I would like to do a layout of a web page to send to a skinner and have a skin made. Any suggestions on the easiest way to do this? I was thinking Corel Draw but I would have to buy it then learn it. I will do so unless anyone has a cheaper, faster way.

Thank You!
Buz


----------



## kriscad (Dec 18, 2006)

send them an example like seen here:


Design Outpost - Templates


----------



## Bravo6ix2 (Oct 9, 2007)

I'm currently building one now using Adobe Photoshop CS2 - I will do a few mock-ups until I get to a final design layout I like. This is fairly easy to use and the graphic capabilities are endless. I will send you a private message when it's up for Beta Testing and you can see how it could be bennificial to your design look & feel.


----------



## Rodney (Nov 3, 2004)

mxbuz said:


> Hi,
> 
> I would like to do a layout of a web page to send to a skinner and have a skin made. Any suggestions on the easiest way to do this? I was thinking Corel Draw but I would have to buy it then learn it.

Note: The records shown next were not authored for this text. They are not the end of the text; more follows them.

-- ===== src/Relay/Session/Waits.antt =====
-- src/relay-session.mjs: `#wait`, of `waitForPresence` and `waitForSignal`, and the set of handlers in
-- which it stands; `onPresence`, `onSignal` and `onError` add and delete in the same way. A value is
-- handed to the handlers that are in the set; a call that comes after the end changes nothing.
use relayswarm.Base.{
  ℕ, ◌≡◌, refl, Bool, true, false, Option, none, some, List, [], ◌∷◌, ◌++◌, ==_refl, arith,
  if◌then◌else◌, if_cases,
}
use relayswarm.Relay.Pool.Calls.{added, is_there, without}

pub data Ended {ℓ} (V : Type ℓ) : Type ℓ where
  resolved : V → Ended V
  predicate_threw : Ended V
  wait_timed_out : Ended V

-- The handler is in the set, and the timer is set, until the promise is settled.
pub record Wait {ℓ} (V : Type ℓ) : Type ℓ where
  pub handler : ℕ
  pub handlers : List ℕ
  pub has_timer : Bool
  pub ended : Option (Ended V)

pub data WaitEvent {ℓ} (V : Type ℓ) : Type ℓ where
  hears : V → WaitEvent V
  expires : WaitEvent V

is_there-without : (h : ℕ) (hs : List ℕ) → is_there h (without h hs) ≡ false
is_there-without h [] = refl
is_there-without h (x ∷ hs) = ground (arith, is_there-without h hs)

is_there-added : (h : ℕ) (hs : List ℕ) → is_there h (added h hs) ≡ true
is_there-added h hs =
    if_cases (λ xs. is_there h xs ≡ true) (is_there h hs) hs (hs ++ (h ∷ [])) (λ t. t)
      (λ f. last hs)
  where
    last : (xs : List ℕ) → is_there h (xs ++ (h ∷ [])) ≡ true
    last [] = ground (arith, ==_refl h)
    last (x ∷ xs) = ground (arith, last xs)

module _ {ℓ} {V : Type ℓ} where
  abbrev pub new_wait : ℕ → List ℕ → Wait V
  new_wait h hs = record { handler = h; handlers = added h hs; has_timer = true; ended = none }

  abbrev pub end_wait : Ended V → Wait V → Wait V
  end_wait e w = record w {
    handlers = without w.handler w.handlers;
    has_timer = false;
    ended = some e;
  }

  -- `none` is a predicate that throws.
  abbrev pub judged : Option Bool → V → Wait V → Wait V
  judged none v w = end_wait predicate_threw w
  judged (some true) v w = end_wait (resolved v) w
  judged (some false) v w = w

  abbrev pub wait_step : (V → Option Bool) → WaitEvent V → Wait V → Wait V
  wait_step predicate (hears v) w =
      if is_there w.handler w.handlers then judged (predicate v) v w else w
  wait_step predicate expires w = if w.has_timer then end_wait wait_timed_out w else w

  unfoldable pub wait_run : (V → Option Bool) → List (WaitEvent V) → Wait V → Wait V
  wait_run predicate [] w = w
  wait_run predicate (e ∷ es) w = wait_run predicate es (wait_step predicate e w)

  -- What ends a wait: the first value that the predicate accepts or throws on, if the timer has not
  -- fired before.
  abbrev judgement : Option Bool → V → Option (Ended V) → Option (Ended V)
  judgement none v rest = some predicate_threw
  judgement (some true) v rest = some (resolved v)
  judgement (some false) v rest = rest

  unfoldable pub first_end : (V → Option Bool) → List (WaitEvent V) → Option (Ended V)
  first_end predicate [] = none
  first_end predicate (hears v ∷ es) = judgement (predicate v) v (first_end predicate es)
  first_end predicate (expires ∷ es) = some wait_timed_out

  abbrev pub after : ℕ → List ℕ → Option (Ended V) → Wait V
  after h hs none = record { handler = h; handlers = hs; has_timer = true; ended = none }
  after h hs (some e) = record {
    handler = h;
    handlers = without h hs;
    has_timer = false;
    ended = some e;
  }

  -- Once it has ended nothing changes.
  run_ended :
      (predicate : V → Option Bool) (es : List (WaitEvent V)) (h : ℕ) (hs : List ℕ) (e : Ended V)
      → wait_run predicate es (after h hs (some e)) ≡ after h hs (some e)
  unfolding wait_run
  run_ended predicate [] h hs e = refl
  run_ended predicate (hears v ∷ es) h hs e =
      rw (is_there-without h hs) (run_ended predicate es h hs e)
  run_ended predicate (expires ∷ es) h hs e = run_ended predicate es h hs e

  run_waiting :
      (predicate : V → Option Bool) (es : List (WaitEvent V)) (h : ℕ) (hs : List ℕ)
      → is_there h hs ≡ true
      → wait_run predicate es (after h hs none) ≡ after h hs (first_end predicate es)
  unfolding wait_run first_end
  run_waiting predicate [] h hs t = refl
  run_waiting predicate (hears v ∷ es) h hs t =
      rw t (go (predicate v) (run_waiting predicate es h hs t))
    where
      go :
          (o : Option Bool)
          → wait_run predicate es (after h hs none) ≡ after h hs (first_end predicate es)
          → wait_run predicate es (judged o v (after h hs none))
            ≡ after h hs (judgement o v (first_end predicate es))
      go none r = run_ended predicate es h hs predicate_threw
      go (some true) r = run_ended predicate es h hs (resolved v)
      go (some false) r = r
  run_waiting predicate (expires ∷ es) h hs t = run_ended predicate es h hs wait_timed_out

  -- A wait settles with the first value that its predicate accepts or throws on, or by its timer if
  -- that fires first, and with nothing later; its handler is in the set until then, and not after.
  pub wait_run-new_wait :
      (predicate : V → Option Bool) (es : List (WaitEvent V)) (h : ℕ) (hs : List ℕ)
      → wait_run predicate es (new_wait h hs) ≡ after h (added h hs) (first_end predicate es)
  wait_run-new_wait predicate es h hs =
      run_waiting predicate es h (added h hs) (is_there-added h hs)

I will do so unless anyone has a cheaper, faster way.
> 
> ...


You could just describe the skin.

If you have any graphic design software, you can use that to create a web mock up.


----------



## stugrey (Aug 24, 2007)

I designed my website mockup using Inkscape, its open source so its totally free and it lets you easily slice up your mockup into separate jpegs.


----------



## karlking85 (Sep 26, 2007)

I'm guessing you can do this in Adobe Photoshop as well?


----------



## stugrey (Aug 24, 2007)

I'm fairly sure you can do the same thing in Photoshop but Photoshop definitely isn't open source


----------



## karlking85 (Sep 26, 2007)

You got that right.


----------



## littleoddity (Aug 15, 2007)

Gimp and Paint.NET are two other free graphics program options http://www.gimp.org or Paint.NET - Free Software for Digital Photo Editing

Both should be fully capable of making a web page comp


----------



## stugrey (Aug 24, 2007)

Yeah, the GIMP is awesome for raster graphics but i personally find using vectors for my layouts a bit easier so i usually use Inkscape. Either one will do the job for you.


----------



## mxbuz (Apr 28, 2007)

Thanks Guys for the great suggestions. I will try some of those free programs. At first look they all look like they will do what I need.

Thanks Again!
Buz


----------



## karlking85 (Sep 26, 2007)

They are all pretty similar. It's just a matter of personal taste. And habit, of course. Photoshop is my favorite, but that is just what I am comfortable with. I have used it longer than any other program.


----------